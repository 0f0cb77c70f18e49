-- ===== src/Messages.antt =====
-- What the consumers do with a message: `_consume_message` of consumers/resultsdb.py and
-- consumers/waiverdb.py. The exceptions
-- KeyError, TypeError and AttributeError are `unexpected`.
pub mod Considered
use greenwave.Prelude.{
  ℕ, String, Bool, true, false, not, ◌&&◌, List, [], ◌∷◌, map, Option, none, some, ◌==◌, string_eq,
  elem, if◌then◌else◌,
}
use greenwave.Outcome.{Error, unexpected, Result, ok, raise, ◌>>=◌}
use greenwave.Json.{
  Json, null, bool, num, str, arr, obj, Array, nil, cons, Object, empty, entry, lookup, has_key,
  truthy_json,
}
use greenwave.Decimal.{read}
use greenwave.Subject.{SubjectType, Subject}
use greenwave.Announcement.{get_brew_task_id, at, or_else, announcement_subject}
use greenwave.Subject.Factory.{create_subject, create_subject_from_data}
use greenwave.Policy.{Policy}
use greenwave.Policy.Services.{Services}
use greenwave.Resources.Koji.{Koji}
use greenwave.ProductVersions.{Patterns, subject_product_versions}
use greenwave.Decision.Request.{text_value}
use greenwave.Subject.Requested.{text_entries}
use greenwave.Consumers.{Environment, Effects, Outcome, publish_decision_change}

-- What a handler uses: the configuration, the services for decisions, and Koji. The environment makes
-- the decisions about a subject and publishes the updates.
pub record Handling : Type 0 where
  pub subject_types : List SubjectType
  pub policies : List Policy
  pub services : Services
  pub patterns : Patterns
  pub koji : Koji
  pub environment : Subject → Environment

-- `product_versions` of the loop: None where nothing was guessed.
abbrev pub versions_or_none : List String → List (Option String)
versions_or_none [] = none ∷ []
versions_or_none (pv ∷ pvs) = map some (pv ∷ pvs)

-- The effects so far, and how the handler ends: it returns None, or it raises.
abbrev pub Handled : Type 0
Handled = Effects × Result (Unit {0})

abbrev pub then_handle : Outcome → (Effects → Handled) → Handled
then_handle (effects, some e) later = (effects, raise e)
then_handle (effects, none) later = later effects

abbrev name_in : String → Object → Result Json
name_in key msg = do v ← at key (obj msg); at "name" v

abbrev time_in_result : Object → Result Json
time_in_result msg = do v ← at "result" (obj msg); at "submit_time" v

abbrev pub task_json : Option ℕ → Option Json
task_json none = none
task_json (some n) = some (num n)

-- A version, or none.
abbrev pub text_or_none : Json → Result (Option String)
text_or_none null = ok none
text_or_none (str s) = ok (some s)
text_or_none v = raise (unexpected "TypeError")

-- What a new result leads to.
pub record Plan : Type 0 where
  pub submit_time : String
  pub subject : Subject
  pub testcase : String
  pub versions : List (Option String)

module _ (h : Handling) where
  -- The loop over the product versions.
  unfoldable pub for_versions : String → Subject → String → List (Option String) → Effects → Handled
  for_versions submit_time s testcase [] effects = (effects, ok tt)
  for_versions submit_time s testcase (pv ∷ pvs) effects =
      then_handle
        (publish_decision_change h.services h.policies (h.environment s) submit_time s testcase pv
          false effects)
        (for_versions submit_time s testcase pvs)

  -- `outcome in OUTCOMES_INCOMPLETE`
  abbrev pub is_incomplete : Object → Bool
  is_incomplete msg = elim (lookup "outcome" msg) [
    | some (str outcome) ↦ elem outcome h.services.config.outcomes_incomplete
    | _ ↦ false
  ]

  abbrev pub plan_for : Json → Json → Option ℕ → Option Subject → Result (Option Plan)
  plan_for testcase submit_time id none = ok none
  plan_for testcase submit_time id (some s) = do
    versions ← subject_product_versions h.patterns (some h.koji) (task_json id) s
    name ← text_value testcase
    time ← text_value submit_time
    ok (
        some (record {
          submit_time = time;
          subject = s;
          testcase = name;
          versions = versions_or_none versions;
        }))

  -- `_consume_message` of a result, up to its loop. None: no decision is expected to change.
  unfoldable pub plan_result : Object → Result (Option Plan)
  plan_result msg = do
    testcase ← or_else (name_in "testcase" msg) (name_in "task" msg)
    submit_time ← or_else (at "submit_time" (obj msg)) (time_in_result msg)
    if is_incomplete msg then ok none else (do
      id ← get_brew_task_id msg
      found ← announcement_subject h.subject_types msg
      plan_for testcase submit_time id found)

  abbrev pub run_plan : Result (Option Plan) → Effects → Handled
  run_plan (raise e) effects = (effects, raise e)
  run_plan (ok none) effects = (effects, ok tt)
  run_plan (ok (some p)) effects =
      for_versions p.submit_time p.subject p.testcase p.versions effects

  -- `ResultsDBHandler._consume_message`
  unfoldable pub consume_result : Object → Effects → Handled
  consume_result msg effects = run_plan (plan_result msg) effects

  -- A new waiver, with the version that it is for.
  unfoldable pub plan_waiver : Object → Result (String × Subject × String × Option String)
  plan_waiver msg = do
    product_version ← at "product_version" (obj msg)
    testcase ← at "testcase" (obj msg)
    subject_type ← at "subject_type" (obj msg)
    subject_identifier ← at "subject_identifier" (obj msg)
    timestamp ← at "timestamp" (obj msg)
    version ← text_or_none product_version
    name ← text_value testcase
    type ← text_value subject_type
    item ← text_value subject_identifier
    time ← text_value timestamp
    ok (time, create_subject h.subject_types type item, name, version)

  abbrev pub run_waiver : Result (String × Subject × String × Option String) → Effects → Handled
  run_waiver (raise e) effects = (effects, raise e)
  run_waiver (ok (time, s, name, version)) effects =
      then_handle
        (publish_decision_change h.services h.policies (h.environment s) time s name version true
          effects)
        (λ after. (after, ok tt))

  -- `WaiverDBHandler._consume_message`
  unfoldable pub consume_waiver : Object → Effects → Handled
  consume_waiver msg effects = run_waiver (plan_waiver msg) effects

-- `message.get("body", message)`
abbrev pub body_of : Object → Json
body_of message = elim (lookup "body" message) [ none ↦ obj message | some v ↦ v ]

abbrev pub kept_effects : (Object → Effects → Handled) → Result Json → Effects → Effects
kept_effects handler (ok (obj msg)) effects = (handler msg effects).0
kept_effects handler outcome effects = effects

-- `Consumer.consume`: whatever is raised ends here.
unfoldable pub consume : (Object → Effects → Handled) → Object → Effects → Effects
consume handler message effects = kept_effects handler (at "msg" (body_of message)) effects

---

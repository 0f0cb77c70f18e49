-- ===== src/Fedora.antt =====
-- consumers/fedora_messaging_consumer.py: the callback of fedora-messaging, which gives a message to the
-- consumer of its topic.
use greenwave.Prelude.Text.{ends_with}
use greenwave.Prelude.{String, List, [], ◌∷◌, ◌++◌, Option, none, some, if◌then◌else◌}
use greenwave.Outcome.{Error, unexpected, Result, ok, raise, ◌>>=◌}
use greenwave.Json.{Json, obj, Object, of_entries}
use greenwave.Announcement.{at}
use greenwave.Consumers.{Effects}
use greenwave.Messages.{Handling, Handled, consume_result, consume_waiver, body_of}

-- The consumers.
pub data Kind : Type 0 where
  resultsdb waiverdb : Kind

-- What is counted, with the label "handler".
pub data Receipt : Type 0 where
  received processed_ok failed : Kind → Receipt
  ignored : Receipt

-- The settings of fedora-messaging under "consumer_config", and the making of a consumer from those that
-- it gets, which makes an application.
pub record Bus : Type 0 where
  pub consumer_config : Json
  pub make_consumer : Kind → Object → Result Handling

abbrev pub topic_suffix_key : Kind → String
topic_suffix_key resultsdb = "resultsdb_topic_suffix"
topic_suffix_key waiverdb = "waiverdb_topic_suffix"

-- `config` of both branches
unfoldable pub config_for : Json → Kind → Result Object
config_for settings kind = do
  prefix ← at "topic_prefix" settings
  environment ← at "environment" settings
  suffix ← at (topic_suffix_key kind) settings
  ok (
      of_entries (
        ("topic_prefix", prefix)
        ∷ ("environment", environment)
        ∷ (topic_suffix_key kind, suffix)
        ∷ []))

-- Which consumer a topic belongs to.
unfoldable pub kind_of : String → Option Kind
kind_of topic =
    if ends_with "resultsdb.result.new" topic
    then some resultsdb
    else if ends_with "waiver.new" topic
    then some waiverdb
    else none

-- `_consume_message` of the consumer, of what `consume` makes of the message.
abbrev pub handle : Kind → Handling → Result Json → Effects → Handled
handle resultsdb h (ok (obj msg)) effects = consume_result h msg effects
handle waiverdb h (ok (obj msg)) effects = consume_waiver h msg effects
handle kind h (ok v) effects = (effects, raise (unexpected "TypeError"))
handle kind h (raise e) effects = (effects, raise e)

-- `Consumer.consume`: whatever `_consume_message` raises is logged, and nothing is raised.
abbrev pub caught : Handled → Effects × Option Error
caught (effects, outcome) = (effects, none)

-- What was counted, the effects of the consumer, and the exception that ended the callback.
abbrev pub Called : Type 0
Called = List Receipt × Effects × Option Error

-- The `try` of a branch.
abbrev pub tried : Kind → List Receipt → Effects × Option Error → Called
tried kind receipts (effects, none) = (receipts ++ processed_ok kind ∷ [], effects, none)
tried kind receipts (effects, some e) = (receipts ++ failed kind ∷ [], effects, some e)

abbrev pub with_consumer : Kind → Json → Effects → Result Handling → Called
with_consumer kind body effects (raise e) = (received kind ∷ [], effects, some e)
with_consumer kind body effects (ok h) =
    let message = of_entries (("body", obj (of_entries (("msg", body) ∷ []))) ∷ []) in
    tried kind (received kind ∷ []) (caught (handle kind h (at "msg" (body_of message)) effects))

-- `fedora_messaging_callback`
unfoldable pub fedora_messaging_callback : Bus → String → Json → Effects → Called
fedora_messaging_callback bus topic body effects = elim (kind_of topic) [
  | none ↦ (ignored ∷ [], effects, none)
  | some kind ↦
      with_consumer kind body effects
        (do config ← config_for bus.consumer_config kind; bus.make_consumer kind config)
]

Exercise requirements:
From the records given above, copy all lines containing "null".

Answer section:
  Json, null, bool, num, str, arr, obj, Array, nil, cons, Object, empty, entry, lookup, has_key,
text_or_none null = ok none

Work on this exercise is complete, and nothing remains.